Ainda outro texto paulino, Efésios 2:1-10, também apresenta a relação do sacrifício vicário de Cristo e a salvação escatológica com a prática das boas obras (v. 10). Se no v. 6 é dito que Cristo ressuscitou para que assentássemos nos lugares celestiais, no v. 10 fica bastante claro que o objetivo desta salvação ainda a se concretizar no porvir (o Reino escatológico de Deus) também é gerar boas obras na vida do cristão “hoje”. Se no v. 7 é dito que, nos “séculos vindouros” (i. é, depois da segunda vinda de Cristo), Deus há de mostrar a “suprema riqueza da sua graça em bondade para conosco, em Cristo Jesus”, no v. 10 também nos é dito que fomos criados “em Cristo” para as boas obras preparadas de antemão para que andássemos nelas. O Reino que era, o Reino que é e o Reino que há de vir fundem-se numa única realidade escatológica que demonstra a soberania de Deus desde a eternidade até a eternidade.

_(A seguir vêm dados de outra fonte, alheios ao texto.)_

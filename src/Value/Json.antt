-- ===== src/Value/Json.antt =====
-- rct/Value.cpp: values from and to the trees of cJSON, which are a parameter with the arithmetic of
-- `double`.
use rct.Prelude.{ℕ, ◌%◌, Bool, true, false, List, Option, none, some, if◌then◌else◌}
use rct.Serializer.{u32_mod}
use rct.Value.{Value, Values, Entries, of_int, set_entry}
use rct.Value.{
  invalid, undefined, boolean, integer, double, string, null_custom, custom, map, list, date, nil,
  cons, end, entry,
}
use rct.Value.Numbers.{until_null}

-- A `cJSON`, by its `type`; a number has `valueint` and `valuedouble`.
mutual
  pub data Json : Type 0 where
    false_item : Json
    true_item : Json
    null_item : Json
    number_item : ℕ → ℕ → Json
    string_item : List ℕ → Json
    raw_item : List ℕ → Json
    array_item : Items → Json
    object_item : Members → Json

  pub data Items : Type 0 where
    no_items : Items
    item : Json → Items → Items

  pub data Members : Type 0 where
    no_members : Members
    member : List ℕ → Json → Members → Members

-- `double`, by its eight bytes; an `int` by its four, a `long long` by its eight. `round_` is
-- `round` and a cast, `parse` is `strtod` on a whole text, `print` is "%.2f" and
-- `print_general` "%g". `format_time` is `String::formatTime`, in the local time.
pub record Env : Type 0 where
  pub of_int32 : ℕ → ℕ
  pub of_int64 : ℕ → ℕ
  pub round_int32 : ℕ → ℕ
  pub round_int64 : ℕ → ℕ
  pub round_uint64 : ℕ → ℕ
  pub is_nonzero : ℕ → Bool
  pub parse : List ℕ → Option ℕ
  pub print : ℕ → List ℕ
  pub print_general : ℕ → List ℕ
  pub format_time : ℕ → List ℕ
  -- `int == double`
  pub same : ℕ → ℕ → Bool
  -- `valueint` of `cJSON_CreateNumber`
  pub valueint : ℕ → ℕ
  -- `cJSON_PrintUnformatted`, `cJSON_Print` and `cJSON_Parse`
  pub print_tree : Bool → Json → List ℕ
  pub parse_tree : List ℕ → Option Json

module _ (env : Env) where
  unfoldable pub create_number : ℕ → Json
  create_number d = number_item (env.valueint d) d

  unfoldable mutual
    pub to_cjson : Value → Json
    to_cjson (boolean b) = if b then true_item else false_item
    to_cjson (date t) = create_number (env.of_int32 (t % u32_mod))
    to_cjson (integer n) = create_number (env.of_int32 (n % u32_mod))
    to_cjson (double d) = create_number d
    to_cjson (string s) = string_item (until_null s)
    to_cjson (list vs) = array_item (to_items vs)
    to_cjson (map es) = object_item (to_members es)
    to_cjson invalid = null_item
    to_cjson undefined = null_item
    to_cjson null_custom = null_item
    to_cjson (custom s) = raw_item (until_null s)

    pub to_items : Values → Items
    to_items nil = no_items
    to_items (cons v vs) = item (to_cjson v) (to_items vs)

    pub to_members : Entries → Members
    to_members end = no_members
    to_members (entry k v es) = member (until_null k) (to_cjson v) (to_members es)

  -- `Value::toJSON`
  unfoldable pub to_json : Bool → Value → List ℕ
  to_json pretty v = until_null (env.print_tree pretty (to_cjson v))

  -- The two loops of `fromCJSON`, one value of each child first. The temporary of an `int` lies on
  -- memory that held `upper`.
  module _ (upper : ℕ) where
    unfoldable pub from_number : ℕ → ℕ → Value
    from_number n d = if env.same n d then of_int upper n else double d

    unfoldable mutual
      pub from_cjson : Json → Value
      from_cjson false_item = boolean false
      from_cjson true_item = boolean true
      from_cjson null_item = invalid
      from_cjson (number_item n d) = from_number n d
      from_cjson (string_item s) = string (until_null s)
      from_cjson (raw_item s) = invalid
      from_cjson (array_item items) = list (from_items items)
      from_cjson (object_item members) = map (from_members members end)

      pub from_items : Items → Values
      from_items no_items = nil
      from_items (item j js) = cons (from_cjson j) (from_items js)

      pub from_members : Members → Entries → Entries
      from_members no_members es = es
      from_members (member k j js) es = from_members js (set_entry (until_null k) (from_cjson j) es)

    -- `Value::fromJSON`, and what it leaves in `ok`.
    unfoldable pub from_json : List ℕ → Value × Bool
    from_json text = elim (env.parse_tree (until_null text)) [
      | none ↦ (invalid, false)
      | some tree ↦ (from_cjson tree, true)
    ]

O Reino futuro dos céus não somente nos traz uma esperança hoje, como também nos coloca como embaixadores desta esperança para o mundo. O Reino futuro será espiritual, universal e pleno, sendo anunciado no Antigo Testamento por meio de diversas profecias (cf. Sl 72; 89:20-29; IS 11:1-9; 65:17; 66:24; Zc 14:9-11). E breve a comunhão entre Deus e os seus filhos será restabelecida e o Senhor reinará com justiça eternamente (cf. 1 Co 15:24-28; 2 Pe 3:10-13; Ap 11:15). Novamente devemos perguntar: o que fazer enquanto esperamos? Viver de maneira espiritual, universal e plena o Reino aqui na terra. Existe possibilidade de não ser espiritual o cuidado amoroso pelos os oprimidos e miseráveis? A falta deste cuidado, a indiferença e a omissão não afetam de maneira alguma a nossa espiritualidade? O amor de Deus é restrito aos convertidos ou é universal? Ele se restringe à oferta de salvação ao pecador ou também se traduz em misericórdia para com os famintos? Como falar em plenitude do Reino se só ficamos com um aspecto só, o que nos interessa? Pode-se falar de um Reino pleno enquanto a Igreja se nega a defender a justiça do Reino que tanto prega?